Even if you believe ethnicity isn’t relevant to supporting football, or think active support is for fans who don’t really care about what’s happening on the field, the string of recent decisions made by the Football Federation of Australia should still concern you deeply.
Bizarre in nature, they have revealed a disposition that panders to an unsustainable audience of non-football fans, in a way that alienates those of us who are fans of the sport.
I have previously expressed my cynicism towards the instinct for football fans to get up in arms by everything that inhibits them even slightly. Is it the football, or something else that they value? But even the most cynic of football fans can not ignore the underlying and hugely worrying issue at hand.
This World Cup has been immensely enjoyable, the talk of the town, and the Socceroos have performed admirably. Where some corporations might choose to ride this wave of good-will, and even build upon it, the FFA have identified this time as a perfect opportunity to provoke, anger and turn away Australian football fans.
Australia’s national footballing body have attempted to capitalise on hype surrounding the World Cup in two ways; firstly, to slide under the carpet outrageous decisions while no-one is looking; secondly, to permanently reel in the hordes of people who watch “the soccer” every four years.
Neither have, or will work.
The decision to place figurative hand-cuffs on the active support terraces of the A-League, with strict, over-the-top regulation, is a clear move to castrate football’s fan culture so as to prevent the odd bad news story.
Unfortunately, their ridiculously heavy handed move has thrown the baby out with the bath water – enraging fans across the league and threatening to derail the 2014/15 season. Meanwhile, “mainstream couldn’t give a flying f*** about soccer and its hooligan culture” Australia could not care less about the FFA’s overt attempt to suck up. As happy to progress ignorantly as they were before, they will continue to dislike our sport and that is their right.
This morning, the FFA has further outraged the community by announcing a “National Identity Policy”. The FFA have reiterated a previously all but official focus on wiping out traces of ethnicity and race from football clubs nationwide.
This has been an ongoing crusade, but in recent years, as the A-League has taken strides forward, things had started to settle down. Obviously, this would not do for the FFA, who have decided to make the policy official, and given it a name that makes it sound like some sort of fascist’s wet dream.

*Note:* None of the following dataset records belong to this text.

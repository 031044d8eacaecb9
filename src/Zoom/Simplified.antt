-- ===== src/Zoom/Simplified.antt =====
-- The simplified trail of kv8zoom/PathSimplifier.cpp.
use kv8_metrics.Prelude.{
  ℕ, zero, suc, ◌+◌, ◌-◌, ◌≤◌, ◌<◌, ◌≡◌, refl, sym, ap, ◌∙◌, inl, inr, Bool, true, false, some,
  List, ◌∷◌, length, length-set, get_elem?, get_elem?-set_self, get_elem?-set_ne, set, replicate,
  leb, Bool-cases, arith,
}
use native.Mathlib.Decide.{ℕ_discrete}
use kv8_metrics.Zoom.Trail.{
  TrailPoint, Metric, deviation, farthest, and_then, douglas_peucker, kept_points, subsample,
  ends_kept, simplify,
}
use kv8_metrics.Zoom.Farthest.{Ordered, Farthest, farthest-Farthest}

abbrev pub Kept : List Bool → ℕ → Type 0
Kept keep i = get_elem? keep i ≡ some true

-- The points between two indices are no farther than `epsilon` from the segments between kept ones.
pub data Close (mt : Metric) (epsilon : ℕ) (pts : List TrailPoint) (keep : List Bool)
    : ℕ → ℕ → Type 0 where
  near :
      {first last : ℕ}
      → ((i : ℕ)
          → first < i
          → i < last
          → mt.less epsilon (deviation mt epsilon pts first last i) ≡ false)
      → Close mt epsilon pts keep first last
  split :
      {first mid last : ℕ}
      → first < mid
      → mid < last
      → Kept keep mid
      → Close mt epsilon pts keep first mid
      → Close mt epsilon pts keep mid last
      → Close mt epsilon pts keep first last

module _ (mt : Metric) (epsilon : ℕ) (pts : List TrailPoint) where
  Close-mono :
      {keep keep' : List Bool} {first last : ℕ}
      → ((i : ℕ) → Kept keep i → Kept keep' i)
      → Close mt epsilon pts keep first last
      → Close mt epsilon pts keep' first last
  Close-mono more (Close.near h) = Close.near h
  Close-mono more (Close.split a b k l r) =
      Close.split a b (more _ k) (Close-mono more l) (Close-mono more r)

-- What the recursion makes of the marks between two indices.
pub record Marked (mt : Metric) (epsilon : ℕ) (pts : List TrailPoint) (first last : ℕ)
    (keep keep' : List Bool) : Type 0 where
  pub same_length : length keep' ≡ length keep
  pub more : (i : ℕ) → Kept keep i → Kept keep' i
  pub close : Close mt epsilon pts keep' first last

differ : true ≡ false → ⊥
differ e = cc

set-Kept : (keep : List Bool) (m i : ℕ) → m < length keep → Kept keep i → Kept (set keep m true) i
set-Kept keep m i h k = elim (ℕ_discrete m i) [
  | yes e ↦ rw (sym e) (get_elem?-set_self keep m true h)
  | no other ↦ get_elem?-set_ne keep true other ∙ k
]

module _ (mt : Metric) (epsilon : ℕ) (pts : List TrailPoint) (o : Ordered mt.less)
    (sane : mt.less epsilon 0 ≡ false) where
  module _ (fuel first last : ℕ) (keep : List Bool) where
    best : ℕ × ℕ
    best = farthest mt epsilon pts first last (last - (first + 1)) (first + 1) (0, first)

    found : Farthest mt epsilon pts o first last (last - (first + 1)) (first + 1) (0, first) best
    unfolding best
    found =
        farthest-Farthest mt epsilon pts o first last (last - (first + 1)) (first + 1) (0, first)
          o.zero_number

    no_points :
        leb last (first + 1) ≡ true
        → douglas_peucker mt epsilon pts (suc fuel) first last keep ≡ some keep
    unfolding douglas_peucker
    no_points e = rw (e, douglas_peucker) refl

    all_near :
        leb last (first + 1) ≡ false
        → mt.less epsilon best.0 ≡ false
        → douglas_peucker mt epsilon pts (suc fuel) first last keep ≡ some keep
    unfolding douglas_peucker best
    all_near e n = rw (e, n, douglas_peucker) refl

    in_halves :
        (left right : List Bool)
        → leb last (first + 1) ≡ false
        → mt.less epsilon best.0 ≡ true
        → douglas_peucker mt epsilon pts fuel first best.1 (set keep best.1 true) ≡ some left
        → douglas_peucker mt epsilon pts fuel best.1 last left ≡ some right
        → douglas_peucker mt epsilon pts (suc fuel) first last keep ≡ some right
    unfolding douglas_peucker best and_then
    in_halves left right e n l r = rw (e, n, l, r, douglas_peucker) refl

    -- The farthest point lies between the two.
    best_between :
        mt.less epsilon best.0 ≡ true → first + 1 < last → (first < best.1) × (best.1 < last)
    best_between far h = elim found.place [
      | inl e ↦ absurd (differ (sym far ∙ ap (mt.less epsilon) (ap (λ p. p.0) e) ∙ sane))
      | inr within ↦ (omega (arith, within.0), omega (arith, within.1, h))
    ]

  -- With fuel for the distance of the indices, the recursion ends.
  peucker-Marked :
      (fuel first last : ℕ) (keep : List Bool)
      → first ≤ last
      → last < fuel + first
      → last < length keep
      → (keep' : List Bool) × (douglas_peucker mt epsilon pts fuel first last keep ≡ some keep')
        × Marked mt epsilon pts first last keep keep'
  peucker-Marked zero first last keep order h room = absurd (omega arith)
  peucker-Marked (suc fuel) first last keep order h room =
      elim (Bool-cases (leb last (first + 1))) [
        | inl e ↦ (
          keep,
          no_points fuel first last keep e,
          record {
            same_length = refl;
            more = λ i k. k;
            close = Close.near (λ i h1 h2. absurd (ground (arith, e)));
          },
        )
        | inr e ↦
            let wide : first + 1 < last = ground (arith, e) in
            elim (Bool-cases (mt.less epsilon (best fuel first last keep).0)) [
              | inr n ↦
                  let f = found fuel first last keep in
                  (
                    keep,
                    all_near fuel first last keep e n,
                    record {
                      same_length = refl;
                      more = λ i k. k;
                      close = Close.near (λ i h1 h2.
                          o.not_less_trans epsilon (best fuel first last keep).0 _ f.is_number n
                            (f.seen i (omega arith) (omega (arith, wide))));
                    },
                  )
              | inl n ↦
                  let mid = (best fuel first last keep).1 in
                  let (above, below) = best_between fuel first last keep n wide in
                  let marked = set keep mid true in
                  let (left, l, ml) =
                    peucker-Marked fuel first mid marked (omega (arith, above))
                      (omega (arith, below, h)) (omega (arith, length-set keep mid true, below)) in
                  let (right, r, mr) =
                    peucker-Marked fuel mid last left (omega (arith, below))
                      (omega (arith, above, h))
                      (omega (arith, length-set keep mid true, ml.same_length)) in
                  let kept_mid =
                    mr.more mid
                      (ml.more mid (get_elem?-set_self keep mid true (omega (arith, below)))) in
                  (
                    right,
                    in_halves fuel first last keep left right e n l r,
                    record {
                      same_length = mr.same_length ∙ ml.same_length ∙ length-set keep mid true;
                      more = λ i k.
                          mr.more i (ml.more i (set-Kept keep mid i (omega (arith, below)) k));
                      close =
                          Close.split above below kept_mid
                            (Close-mono mt epsilon pts mr.more ml.close) mr.close;
                    },
                  )
            ]
      ]

length-replicate : (n : ℕ) (b : Bool) → length (replicate n b) ≡ n
length-replicate zero b = refl
length-replicate (suc n) b = ap suc (length-replicate n b)

length-ends_kept : (n : ℕ) → length (ends_kept n) ≡ n
length-ends_kept n =
    length-set (set (replicate n false) 0 true) (n - 1) true
    ∙ length-set (replicate n false) 0 true
    ∙ length-replicate n false

ends_kept-Kept_first : (n : ℕ) → 2 ≤ n → Kept (ends_kept n) 0
ends_kept-Kept_first n h =
    let marks = set (replicate n false) 0 true in
    let e : length marks ≡ n = length-set (replicate n false) 0 true ∙ length-replicate n false in
    set-Kept marks (n - 1) 0 (omega (arith, e))
      (get_elem?-set_self (replicate n false) 0 true (omega (arith, length-replicate n false)))

ends_kept-Kept_last : (n : ℕ) → 2 ≤ n → Kept (ends_kept n) (n - 1)
ends_kept-Kept_last n h =
    let marks = set (replicate n false) 0 true in
    let e : length marks ≡ n = length-set (replicate n false) 0 true ∙ length-replicate n false in
    get_elem?-set_self marks (n - 1) true (omega (arith, e))

simplify_lem :
    (mt : Metric) (epsilon max_out : ℕ) (p q : TrailPoint) (more : List TrailPoint)
    (keep : List Bool)
    → let pts = p ∷ q ∷ more in
      let n = length pts in
      douglas_peucker mt epsilon pts n 0 (n - 1) (ends_kept n) ≡ some keep
      → simplify mt epsilon max_out pts ≡ some (subsample max_out (kept_points keep pts))
unfolding simplify
simplify_lem mt epsilon max_out p q more keep e = rw (e, simplify) refl

-- For a trail of two points or more, an epsilon that is not below 0 and a comparison of doubles as the
-- standard has it: the recursion ends, the first and the last point are kept, and all points in between
-- are kept or no farther than epsilon from a segment between kept points around them; the result is the
-- kept points, subsampled if they are too many.
pub simplify-Close :
    (mt : Metric) (epsilon max_out : ℕ) (p q : TrailPoint) (more : List TrailPoint)
    → Ordered mt.less
    → mt.less epsilon 0 ≡ false
    → let pts = p ∷ q ∷ more in
      let n = length pts in
      (keep : List Bool) × (simplify mt epsilon max_out pts
        ≡ some (subsample max_out (kept_points keep pts)))
      × (length keep ≡ n)
      × Kept keep 0
      × Kept keep (n - 1)
      × Close mt epsilon pts keep 0 (n - 1)
simplify-Close mt epsilon max_out p q more o sane =
    let pts = p ∷ q ∷ more in
    let n = length pts in
    let (keep, e, m) =
      peucker-Marked mt epsilon pts o sane n 0 (n - 1) (ends_kept n) (omega arith) (omega arith)
        (omega (arith, length-ends_kept n)) in
    (
      keep,
      simplify_lem mt epsilon max_out p q more keep e,
      m.same_length ∙ length-ends_kept n,
      m.more 0 (ends_kept-Kept_first n (omega arith)),
      m.more (n - 1) (ends_kept-Kept_last n (omega arith)),
      m.close,
    )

As much as I couldn’t care less about having my ethnicity represented by my football club (my like for Asian food and football are completely separate matters), I also couldn’t care less if other people feel such a desire. It is a mulitcultural world we live in, no?
So why have the FFA made such a move?
Because mainstream “couldn’t give a flying f*** about soccer and its ethnic culture” Australia doesn’t like people displaying affiliation to other nationalities. It’s as simple as that. They find it threatening to traditional Australian culture, fearing their love for meat pies and footy might disappear as rapidly as the Aboriginals.These are the sort of people that the FFA have decided to pander towards, at the expense of football fans.
They would have known, undoubtedly, that both announcements would seriously anger the football community – but decided to go ahead with them anyway. They’ve clearly made a calculated decision to target the mainstream market no matter the collateral damage.
And that is why you, a fan of football, perhaps not outraged by either policy in isolation, should be very concerned about how our sport is being handled.
It is as if the FFA have poked a bee’s nest in an attempt to show off their bravery to the more popular kids at school. But all that has resulted is an arm full of bee stings and even less friends.
Appealing to the mainstream is part and parcel of the A-League, and its conception. Supporting the league is therefore, to some extent, in support of that disposition. But the way in which the FFA is approaching this objective is simply unacceptable.